ABOUT THIS EXERCISE:
Report every line of the records beneath this task that holds the string "optr".

[Stored items from a collection]
====================
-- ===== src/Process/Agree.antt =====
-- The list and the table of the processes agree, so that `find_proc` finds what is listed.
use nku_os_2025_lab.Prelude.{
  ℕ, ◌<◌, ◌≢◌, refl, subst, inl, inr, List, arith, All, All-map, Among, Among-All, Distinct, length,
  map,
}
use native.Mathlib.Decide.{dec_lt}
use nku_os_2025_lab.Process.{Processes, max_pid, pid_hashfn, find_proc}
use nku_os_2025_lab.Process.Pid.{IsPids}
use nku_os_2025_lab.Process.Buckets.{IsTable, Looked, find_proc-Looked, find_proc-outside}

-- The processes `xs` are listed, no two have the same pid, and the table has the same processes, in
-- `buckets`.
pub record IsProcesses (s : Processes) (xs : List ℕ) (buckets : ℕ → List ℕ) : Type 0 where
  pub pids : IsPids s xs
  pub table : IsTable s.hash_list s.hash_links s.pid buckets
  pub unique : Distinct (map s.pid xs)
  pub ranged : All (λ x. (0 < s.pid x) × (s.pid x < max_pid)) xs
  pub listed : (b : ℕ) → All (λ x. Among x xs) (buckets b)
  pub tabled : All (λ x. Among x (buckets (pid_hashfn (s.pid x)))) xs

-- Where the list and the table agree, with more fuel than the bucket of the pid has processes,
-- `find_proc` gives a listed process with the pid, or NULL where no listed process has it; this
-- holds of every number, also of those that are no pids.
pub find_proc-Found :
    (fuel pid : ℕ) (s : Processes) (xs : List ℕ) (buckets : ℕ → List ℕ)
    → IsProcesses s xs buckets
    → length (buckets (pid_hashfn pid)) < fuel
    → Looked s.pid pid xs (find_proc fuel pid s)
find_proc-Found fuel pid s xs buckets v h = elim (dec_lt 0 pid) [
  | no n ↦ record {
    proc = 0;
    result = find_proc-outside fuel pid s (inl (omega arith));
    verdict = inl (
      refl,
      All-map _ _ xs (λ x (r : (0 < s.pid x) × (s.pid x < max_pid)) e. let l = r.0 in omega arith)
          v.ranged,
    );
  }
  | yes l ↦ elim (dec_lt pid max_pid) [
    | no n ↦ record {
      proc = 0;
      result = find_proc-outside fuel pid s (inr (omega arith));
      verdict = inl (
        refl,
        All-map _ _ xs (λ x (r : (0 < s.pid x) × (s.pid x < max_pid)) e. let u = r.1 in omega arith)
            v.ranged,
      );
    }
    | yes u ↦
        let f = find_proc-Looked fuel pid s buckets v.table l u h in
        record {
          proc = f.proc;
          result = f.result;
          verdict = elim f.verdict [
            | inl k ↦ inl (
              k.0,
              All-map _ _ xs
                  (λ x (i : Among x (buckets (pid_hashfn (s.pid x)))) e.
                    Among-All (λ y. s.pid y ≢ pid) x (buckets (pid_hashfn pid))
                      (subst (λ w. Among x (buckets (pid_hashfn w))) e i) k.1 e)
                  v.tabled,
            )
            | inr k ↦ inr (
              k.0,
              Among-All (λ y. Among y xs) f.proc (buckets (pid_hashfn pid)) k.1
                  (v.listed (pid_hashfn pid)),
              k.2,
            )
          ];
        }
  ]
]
====================
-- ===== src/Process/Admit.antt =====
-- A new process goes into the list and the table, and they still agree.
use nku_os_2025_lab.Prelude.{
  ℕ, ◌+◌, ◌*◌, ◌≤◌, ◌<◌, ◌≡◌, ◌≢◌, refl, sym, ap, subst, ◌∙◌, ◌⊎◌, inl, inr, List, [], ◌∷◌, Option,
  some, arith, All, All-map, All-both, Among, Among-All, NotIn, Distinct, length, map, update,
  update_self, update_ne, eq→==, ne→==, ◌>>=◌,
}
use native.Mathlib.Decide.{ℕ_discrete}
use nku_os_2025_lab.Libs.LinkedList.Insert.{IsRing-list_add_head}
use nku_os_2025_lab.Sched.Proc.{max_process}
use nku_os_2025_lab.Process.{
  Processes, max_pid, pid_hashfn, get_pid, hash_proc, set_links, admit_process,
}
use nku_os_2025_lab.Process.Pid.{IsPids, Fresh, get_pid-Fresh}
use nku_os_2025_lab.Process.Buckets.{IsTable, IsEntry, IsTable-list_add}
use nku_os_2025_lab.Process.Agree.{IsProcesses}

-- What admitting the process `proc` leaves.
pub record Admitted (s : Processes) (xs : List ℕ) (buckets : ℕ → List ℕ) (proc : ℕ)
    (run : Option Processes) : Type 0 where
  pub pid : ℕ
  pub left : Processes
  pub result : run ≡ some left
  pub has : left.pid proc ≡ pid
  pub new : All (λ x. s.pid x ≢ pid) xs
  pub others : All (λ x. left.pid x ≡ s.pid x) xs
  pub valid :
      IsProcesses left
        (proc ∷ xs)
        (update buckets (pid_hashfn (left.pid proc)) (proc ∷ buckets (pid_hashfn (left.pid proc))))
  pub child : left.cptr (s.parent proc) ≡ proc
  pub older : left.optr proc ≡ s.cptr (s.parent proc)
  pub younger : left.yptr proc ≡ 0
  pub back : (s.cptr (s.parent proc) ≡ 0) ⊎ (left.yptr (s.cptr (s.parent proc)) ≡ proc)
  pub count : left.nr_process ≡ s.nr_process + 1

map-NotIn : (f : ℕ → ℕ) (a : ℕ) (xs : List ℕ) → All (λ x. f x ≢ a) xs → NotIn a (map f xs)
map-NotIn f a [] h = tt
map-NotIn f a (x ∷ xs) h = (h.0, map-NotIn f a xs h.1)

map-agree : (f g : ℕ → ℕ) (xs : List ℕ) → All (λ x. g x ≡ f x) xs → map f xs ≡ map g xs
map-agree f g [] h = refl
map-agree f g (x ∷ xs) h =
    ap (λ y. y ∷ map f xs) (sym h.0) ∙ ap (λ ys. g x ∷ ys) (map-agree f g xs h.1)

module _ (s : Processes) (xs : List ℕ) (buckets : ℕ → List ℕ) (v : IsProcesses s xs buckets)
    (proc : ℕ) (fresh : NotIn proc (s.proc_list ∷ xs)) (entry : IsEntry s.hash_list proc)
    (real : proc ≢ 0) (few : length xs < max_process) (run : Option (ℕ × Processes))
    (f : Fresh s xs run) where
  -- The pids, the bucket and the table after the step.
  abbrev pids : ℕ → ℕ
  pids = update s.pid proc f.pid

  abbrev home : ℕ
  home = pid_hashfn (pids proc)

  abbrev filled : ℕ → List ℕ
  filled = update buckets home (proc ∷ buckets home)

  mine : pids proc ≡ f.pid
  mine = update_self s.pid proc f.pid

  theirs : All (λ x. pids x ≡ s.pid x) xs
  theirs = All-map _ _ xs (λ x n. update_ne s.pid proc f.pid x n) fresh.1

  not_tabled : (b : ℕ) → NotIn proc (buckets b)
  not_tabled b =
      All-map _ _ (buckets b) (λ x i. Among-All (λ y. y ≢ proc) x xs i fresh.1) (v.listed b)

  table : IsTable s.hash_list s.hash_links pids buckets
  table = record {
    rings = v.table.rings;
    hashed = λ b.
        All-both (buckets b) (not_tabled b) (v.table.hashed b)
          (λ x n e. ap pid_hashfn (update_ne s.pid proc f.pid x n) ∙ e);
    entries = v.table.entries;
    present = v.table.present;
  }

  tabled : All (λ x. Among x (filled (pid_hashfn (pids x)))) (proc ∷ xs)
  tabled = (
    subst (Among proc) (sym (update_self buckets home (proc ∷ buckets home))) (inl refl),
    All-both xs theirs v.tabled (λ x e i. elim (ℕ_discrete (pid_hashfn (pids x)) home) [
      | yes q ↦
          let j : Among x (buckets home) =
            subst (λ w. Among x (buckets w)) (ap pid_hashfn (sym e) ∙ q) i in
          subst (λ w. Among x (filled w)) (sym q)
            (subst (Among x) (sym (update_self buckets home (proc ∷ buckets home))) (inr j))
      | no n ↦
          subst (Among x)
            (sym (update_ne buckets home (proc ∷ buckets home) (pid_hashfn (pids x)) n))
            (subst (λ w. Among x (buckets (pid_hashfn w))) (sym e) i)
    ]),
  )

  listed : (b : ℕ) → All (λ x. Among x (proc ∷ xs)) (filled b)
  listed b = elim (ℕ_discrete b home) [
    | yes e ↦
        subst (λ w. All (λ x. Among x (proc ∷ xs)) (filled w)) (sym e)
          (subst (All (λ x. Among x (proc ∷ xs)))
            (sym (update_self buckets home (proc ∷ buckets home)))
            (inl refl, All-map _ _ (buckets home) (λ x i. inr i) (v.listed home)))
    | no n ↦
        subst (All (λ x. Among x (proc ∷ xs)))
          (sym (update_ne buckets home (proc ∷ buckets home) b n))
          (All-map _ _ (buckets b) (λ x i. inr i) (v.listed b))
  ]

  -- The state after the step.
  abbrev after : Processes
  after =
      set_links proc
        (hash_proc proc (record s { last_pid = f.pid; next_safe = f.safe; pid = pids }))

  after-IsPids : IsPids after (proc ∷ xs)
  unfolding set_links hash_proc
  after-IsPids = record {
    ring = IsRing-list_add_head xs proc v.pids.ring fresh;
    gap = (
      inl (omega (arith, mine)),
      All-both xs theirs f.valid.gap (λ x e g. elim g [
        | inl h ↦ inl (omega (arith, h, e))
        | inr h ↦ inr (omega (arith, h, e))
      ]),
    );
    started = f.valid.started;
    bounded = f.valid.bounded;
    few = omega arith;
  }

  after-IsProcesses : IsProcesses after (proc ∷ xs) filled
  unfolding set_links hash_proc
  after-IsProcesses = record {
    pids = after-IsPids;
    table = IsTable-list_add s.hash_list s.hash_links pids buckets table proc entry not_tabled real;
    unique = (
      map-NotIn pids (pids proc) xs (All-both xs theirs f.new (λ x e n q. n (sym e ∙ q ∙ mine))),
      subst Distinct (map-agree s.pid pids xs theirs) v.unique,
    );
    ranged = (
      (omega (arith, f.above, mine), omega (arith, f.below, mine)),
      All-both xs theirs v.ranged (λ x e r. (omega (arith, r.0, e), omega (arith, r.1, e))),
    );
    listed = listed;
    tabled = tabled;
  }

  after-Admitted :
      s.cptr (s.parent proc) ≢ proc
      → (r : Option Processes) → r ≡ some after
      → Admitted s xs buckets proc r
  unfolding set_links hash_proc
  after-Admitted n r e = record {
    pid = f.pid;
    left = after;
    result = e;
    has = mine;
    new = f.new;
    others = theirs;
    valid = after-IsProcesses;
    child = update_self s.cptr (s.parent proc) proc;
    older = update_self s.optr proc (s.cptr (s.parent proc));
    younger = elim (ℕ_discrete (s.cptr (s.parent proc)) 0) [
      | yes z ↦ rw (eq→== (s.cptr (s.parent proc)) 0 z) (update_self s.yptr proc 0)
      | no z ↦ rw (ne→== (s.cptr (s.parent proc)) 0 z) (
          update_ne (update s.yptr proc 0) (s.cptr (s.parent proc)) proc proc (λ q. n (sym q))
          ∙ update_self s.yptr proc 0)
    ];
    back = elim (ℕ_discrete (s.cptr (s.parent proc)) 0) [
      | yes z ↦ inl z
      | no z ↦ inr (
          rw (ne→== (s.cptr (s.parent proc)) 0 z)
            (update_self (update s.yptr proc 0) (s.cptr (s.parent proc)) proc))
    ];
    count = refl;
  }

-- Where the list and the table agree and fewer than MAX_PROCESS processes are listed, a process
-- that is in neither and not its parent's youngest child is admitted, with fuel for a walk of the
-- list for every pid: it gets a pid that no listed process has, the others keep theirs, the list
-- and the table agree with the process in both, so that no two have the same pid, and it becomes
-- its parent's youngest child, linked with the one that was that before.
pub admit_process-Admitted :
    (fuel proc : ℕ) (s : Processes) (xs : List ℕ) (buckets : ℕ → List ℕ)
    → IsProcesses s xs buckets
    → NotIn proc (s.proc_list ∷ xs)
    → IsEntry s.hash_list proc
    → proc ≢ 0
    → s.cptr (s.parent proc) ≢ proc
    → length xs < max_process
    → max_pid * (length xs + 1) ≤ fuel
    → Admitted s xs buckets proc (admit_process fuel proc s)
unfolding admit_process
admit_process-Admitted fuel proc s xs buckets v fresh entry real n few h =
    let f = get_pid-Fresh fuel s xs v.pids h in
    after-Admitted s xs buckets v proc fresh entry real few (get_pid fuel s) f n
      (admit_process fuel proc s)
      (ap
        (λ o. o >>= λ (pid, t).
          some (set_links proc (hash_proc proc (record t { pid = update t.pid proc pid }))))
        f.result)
====================
SOLUTION FOR THIS EXERCISE:
  pub older : left.optr proc ≡ s.cptr (s.parent proc)
    older = update_self s.optr proc (s.cptr (s.parent proc));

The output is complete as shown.